* _Work task_: Starting with the first line and ending with the last, copy the entries word for word.

Records from a dataset:
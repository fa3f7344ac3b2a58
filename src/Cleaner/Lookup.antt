-- ===== src/Cleaner/Lookup.antt =====
-- internal/cleaner/cleaner.go: what the operations on the index make of each of its messages.
use langolier_bot.Base.{
  ℕ, false, Option, none, some, List, [], ◌∷◌, ◌≡◌, refl, ◌&&◌, not, nat_eq, if◌then◌else◌, ◌==◌,
  contains, arith, Option-cases, inl, inr,
}
use langolier_bot.Base.Int.{ℤ, pos, int_eq, int_beq_iff, ltb_ℤ}
use langolier_bot.Base.Maps.{
  lookup, insert, delete, keys, lookup-insert, lookup-delete, contains-keys,
}
use langolier_bot.Base.Text.{Text}
use langolier_bot.Chatcfg.Config.{matches}
use langolier_bot.Chatcfg.Store.{Store, get}
use langolier_bot.Cleaner.State.{
  Cleaner, Index, Messages, deletes, messages, index_message, delete_all, store_messages,
  remove_locked, remove_common, is_common, on_deleted, on_own_message,
}

-- index[marked][id]: the send time of a message, if it is in the index.
abbrev pub sent_at : Index → ℤ → ℕ → Option ℕ
sent_at index marked id = lookup id (messages index marked)

sent_at-insert :
    (index : Index) (marked j : ℤ) (m : Messages) (id : ℕ)
    → sent_at (insert marked m index) j id
      ≡ (if marked == j then lookup id m else sent_at index j id)
sent_at-insert index marked j m id = ground (arith, lookup-insert marked j m index)

pub sent_at-delete :
    (index : Index) (marked j : ℤ) (id : ℕ)
    → sent_at (delete marked index) j id ≡ (if marked == j then none else sent_at index j id)
unfolding lookup
sent_at-delete index marked j id = ground (arith, lookup-delete marked j index)

-- A message that is recorded is found with its time, and all others are as before.
pub sent_at-index_message :
    (c : Cleaner) (marked j : ℤ) (msg_id id date : ℕ)
    → sent_at (index_message marked msg_id date c).index j id
      ≡ (if (marked == j) && (msg_id == id) then some date else sent_at c.index j id)
unfolding index_message
sent_at-index_message c marked j msg_id id date = ground (
  arith,
  sent_at-insert c.index marked j (insert msg_id date (messages c.index marked)) id,
  lookup-insert msg_id id date (messages c.index marked),
  int_beq_iff marked j,
)

lookup-delete_all :
    (ids : List ℕ) (m : Messages) (id : ℕ)
    → lookup id (delete_all ids m) ≡ (if contains ids id then none else lookup id m)
unfolding delete_all
lookup-delete_all [] m id = refl
lookup-delete_all (x ∷ ids) m id =
    ground (arith, lookup-delete_all ids (delete x m) id, lookup-delete x id m)

sent_at-store_messages :
    (index : Index) (marked j : ℤ) (m : Messages) (id : ℕ)
    → sent_at (store_messages marked m index) j id
      ≡ (if marked == j then lookup id m else sent_at index j id)
unfolding lookup
sent_at-store_messages index marked j [] id = sent_at-delete index marked j id
sent_at-store_messages index marked j (x ∷ m) id = sent_at-insert index marked j (x ∷ m) id

no_messages :
    (index : Index) (marked : ℤ) (id : ℕ)
    → lookup marked index ≡ none
    → sent_at index marked id ≡ none
unfolding lookup
no_messages index marked id e = ground arith

-- removeLocked forgets the given messages of its chat, and no others.
pub sent_at-remove_locked :
    (index : Index) (marked j : ℤ) (ids : List ℕ) (id : ℕ)
    → sent_at (remove_locked marked ids index) j id
      ≡ (if (marked == j) && contains ids id then none else sent_at index j id)
unfolding remove_locked
sent_at-remove_locked index marked j ids id = elim (Option-cases (lookup marked index)) [
  | inl e ↦
      rw (e, remove_locked) (ground (arith, int_beq_iff marked j, no_messages index marked id e))
  | inr (m, e) ↦
      rw (e, remove_locked)
        (ground (
          arith,
          sent_at-store_messages index marked j (delete_all ids m) id,
          lookup-delete_all ids m id,
          int_beq_iff marked j,
        ))
]

sent_at-remove_common :
    (chats : List ℤ) (index : Index) (j : ℤ) (ids : List ℕ) (id : ℕ)
    → sent_at (remove_common chats ids index) j id
      ≡ (if contains chats j && (is_common j && contains ids id) then none else sent_at index j id)
unfolding remove_common
sent_at-remove_common [] index j ids id = refl
sent_at-remove_common (marked ∷ chats) index j ids id = ground (
  arith,
  int_beq_iff marked j,
  sent_at-remove_common chats (if is_common marked then remove_locked marked ids index else index) j
      ids id,
  sent_at-remove_locked index marked j ids id,
)

-- A chat with no entry has no messages.
sent_at-missing :
    (index : Index) (j : ℤ) (id : ℕ) → contains (keys index) j ≡ false → sent_at index j id ≡ none
sent_at-missing index j id h = ground (arith, contains-keys j index, no_messages index j id)

-- OnDeleted forgets the given messages of the given chat, or, for chat 0, the given messages of
-- every chat that is neither a supergroup nor a channel; it forgets nothing else.
pub sent_at-on_deleted :
    (c : Cleaner) (marked j : ℤ) (ids : List ℕ) (id : ℕ)
    → sent_at (on_deleted marked ids c).index j id ≡ (
        if (if marked == pos 0 then is_common j else (marked == j)) && contains ids id
        then none
        else sent_at c.index j id)
unfolding on_deleted
sent_at-on_deleted c marked j ids id = ground (
  arith,
  sent_at-remove_locked c.index marked j ids id,
  sent_at-remove_common (keys c.index) c.index j ids id,
  sent_at-missing c.index j id,
)

-- What a new own message leads to: one that matches a pattern is deleted at once and not indexed;
-- any other one is indexed with its time if its chat has a positive TTL, and otherwise nothing is
-- done. No other message of the index changes.
pub on_own_message_lem :
    (cfg : Store) (marked j : ℤ) (msg_id id date : ℕ) (text : Text) (c : Cleaner)
    → let chat = get cfg marked in
      let r = on_own_message cfg marked msg_id date text c in
      (sent_at r.0.index j id ≡ (
        if not (matches chat text)
          && (ltb_ℤ (pos 0) chat.ttl_minutes && ((marked == j) && (msg_id == id)))
        then some date
        else sent_at c.index j id))
      × (r.1 ≡ (if matches chat text then deletes marked (msg_id ∷ []) ∷ [] else []))
unfolding on_own_message
on_own_message_lem cfg marked j msg_id id date text c =
    (ground (arith, sent_at-index_message c marked j msg_id id date), ground arith)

* _Exercise response_:
repository fa3f7344ac3b2a58
filename src/Cleaner/Lookup.antt
-- ===== src/Cleaner/Lookup.antt =====
-- internal/cleaner/cleaner.go: what the operations on the index make of each of its messages.
use langolier_bot.Base.{
  ℕ, false, Option, none, some, List, [], ◌∷◌, ◌≡◌, refl, ◌&&◌, not, nat_eq, if◌then◌else◌, ◌==◌,
  contains, arith, Option-cases, inl, inr,
}
use langolier_bot.Base.Int.{ℤ, pos, int_eq, int_beq_iff, ltb_ℤ}
use langolier_bot.Base.Maps.{
  lookup, insert, delete, keys, lookup-insert, lookup-delete, contains-keys,
}
use langolier_bot.Base.Text.{Text}
use langolier_bot.Chatcfg.Config.{matches}
use langolier_bot.Chatcfg.Store.{Store, get}
use langolier_bot.Cleaner.State.{
  Cleaner, Index, Messages, deletes, messages, index_message, delete_all, store_messages,
  remove_locked, remove_common, is_common, on_deleted, on_own_message,
}

-- index[marked][id]: the send time of a message, if it is in the index.
abbrev pub sent_at : Index → ℤ → ℕ → Option ℕ
sent_at index marked id = lookup id (messages index marked)

sent_at-insert :
    (index : Index) (marked j : ℤ) (m : Messages) (id : ℕ)
    → sent_at (insert marked m index) j id
      ≡ (if marked == j then lookup id m else sent_at index j id)
sent_at-insert index marked j m id = ground (arith, lookup-insert marked j m index)

pub sent_at-delete :
    (index : Index) (marked j : ℤ) (id : ℕ)
    → sent_at (delete marked index) j id ≡ (if marked == j then none else sent_at index j id)
unfolding lookup
sent_at-delete index marked j id = ground (arith, lookup-delete marked j index)

-- A message that is recorded is found with its time, and all others are as before.
pub sent_at-index_message :
    (c : Cleaner) (marked j : ℤ) (msg_id id date : ℕ)
    → sent_at (index_message marked msg_id date c).index j id
      ≡ (if (marked == j) && (msg_id == id) then some date else sent_at c.index j id)
unfolding index_message
sent_at-index_message c marked j msg_id id date = ground (
  arith,
  sent_at-insert c.index marked j (insert msg_id date (messages c.index marked)) id,
  lookup-insert msg_id id date (messages c.index marked),
  int_beq_iff marked j,
)

lookup-delete_all :
    (ids : List ℕ) (m : Messages) (id : ℕ)
    → lookup id (delete_all ids m) ≡ (if contains ids id then none else lookup id m)
unfolding delete_all
lookup-delete_all [] m id = refl
lookup-delete_all (x ∷ ids) m id =
    ground (arith, lookup-delete_all ids (delete x m) id, lookup-delete x id m)

sent_at-store_messages :
    (index : Index) (marked j : ℤ) (m : Messages) (id : ℕ)
    → sent_at (store_messages marked m index) j id
      ≡ (if marked == j then lookup id m else sent_at index j id)
unfolding lookup
sent_at-store_messages index marked j [] id = sent_at-delete index marked j id
sent_at-store_messages index marked j (x ∷ m) id = sent_at-insert index marked j (x ∷ m) id

no_messages :
    (index : Index) (marked : ℤ) (id : ℕ)
    → lookup marked index ≡ none
    → sent_at index marked id ≡ none
unfolding lookup
no_messages index marked id e = ground arith

-- removeLocked forgets the given messages of its chat, and no others.
pub sent_at-remove_locked :
    (index : Index) (marked j : ℤ) (ids : List ℕ) (id : ℕ)
    → sent_at (remove_locked marked ids index) j id
      ≡ (if (marked == j) && contains ids id then none else sent_at index j id)
unfolding remove_locked
sent_at-remove_locked index marked j ids id = elim (Option-cases (lookup marked index)) [
  | inl e ↦
      rw (e, remove_locked) (ground (arith, int_beq_iff marked j, no_messages index marked id e))
  | inr (m, e) ↦
      rw (e, remove_locked)
        (ground (
          arith,
          sent_at-store_messages index marked j (delete_all ids m) id,
          lookup-delete_all ids m id,
          int_beq_iff marked j,
        ))
]

sent_at-remove_common :
    (chats : List ℤ) (index : Index) (j : ℤ) (ids : List ℕ) (id : ℕ)
    → sent_at (remove_common chats ids index) j id
      ≡ (if contains chats j && (is_common j && contains ids id) then none else sent_at index j id)
unfolding remove_common
sent_at-remove_common [] index j ids id = refl
sent_at-remove_common (marked ∷ chats) index j ids id = ground (
  arith,
  int_beq_iff marked j,
  sent_at-remove_common chats (if is_common marked then remove_locked marked ids index else index) j
      ids id,
  sent_at-remove_locked index marked j ids id,
)

-- A chat with no entry has no messages.
sent_at-missing :
    (index : Index) (j : ℤ) (id : ℕ) → contains (keys index) j ≡ false → sent_at index j id ≡ none
sent_at-missing index j id h = ground (arith, contains-keys j index, no_messages index j id)

-- OnDeleted forgets the given messages of the given chat, or, for chat 0, the given messages of
-- every chat that is neither a supergroup nor a channel; it forgets nothing else.
pub sent_at-on_deleted :
    (c : Cleaner) (marked j : ℤ) (ids : List ℕ) (id : ℕ)
    → sent_at (on_deleted marked ids c).index j id ≡ (
        if (if marked == pos 0 then is_common j else (marked == j)) && contains ids id
        then none
        else sent_at c.index j id)
unfolding on_deleted
sent_at-on_deleted c marked j ids id = ground (
  arith,
  sent_at-remove_locked c.index marked j ids id,
  sent_at-remove_common (keys c.index) c.index j ids id,
  sent_at-missing c.index j id,
)

-- What a new own message leads to: one that matches a pattern is deleted at once and not indexed;
-- any other one is indexed with its time if its chat has a positive TTL, and otherwise nothing is
-- done. No other message of the index changes.
pub on_own_message_lem :
    (cfg : Store) (marked j : ℤ) (msg_id id date : ℕ) (text : Text) (c : Cleaner)
    → let chat = get cfg marked in
      let r = on_own_message cfg marked msg_id date text c in
      (sent_at r.0.index j id ≡ (
        if not (matches chat text)
          && (ltb_ℤ (pos 0) chat.ttl_minutes && ((marked == j) && (msg_id == id)))
        then some date
        else sent_at c.index j id))
      × (r.1 ≡ (if matches chat text then deletes marked (msg_id ∷ []) ∷ [] else []))
unfolding on_own_message
on_own_message_lem cfg marked j msg_id id date text c =
    (ground (arith, sent_at-index_message c marked j msg_id id date), ground arith)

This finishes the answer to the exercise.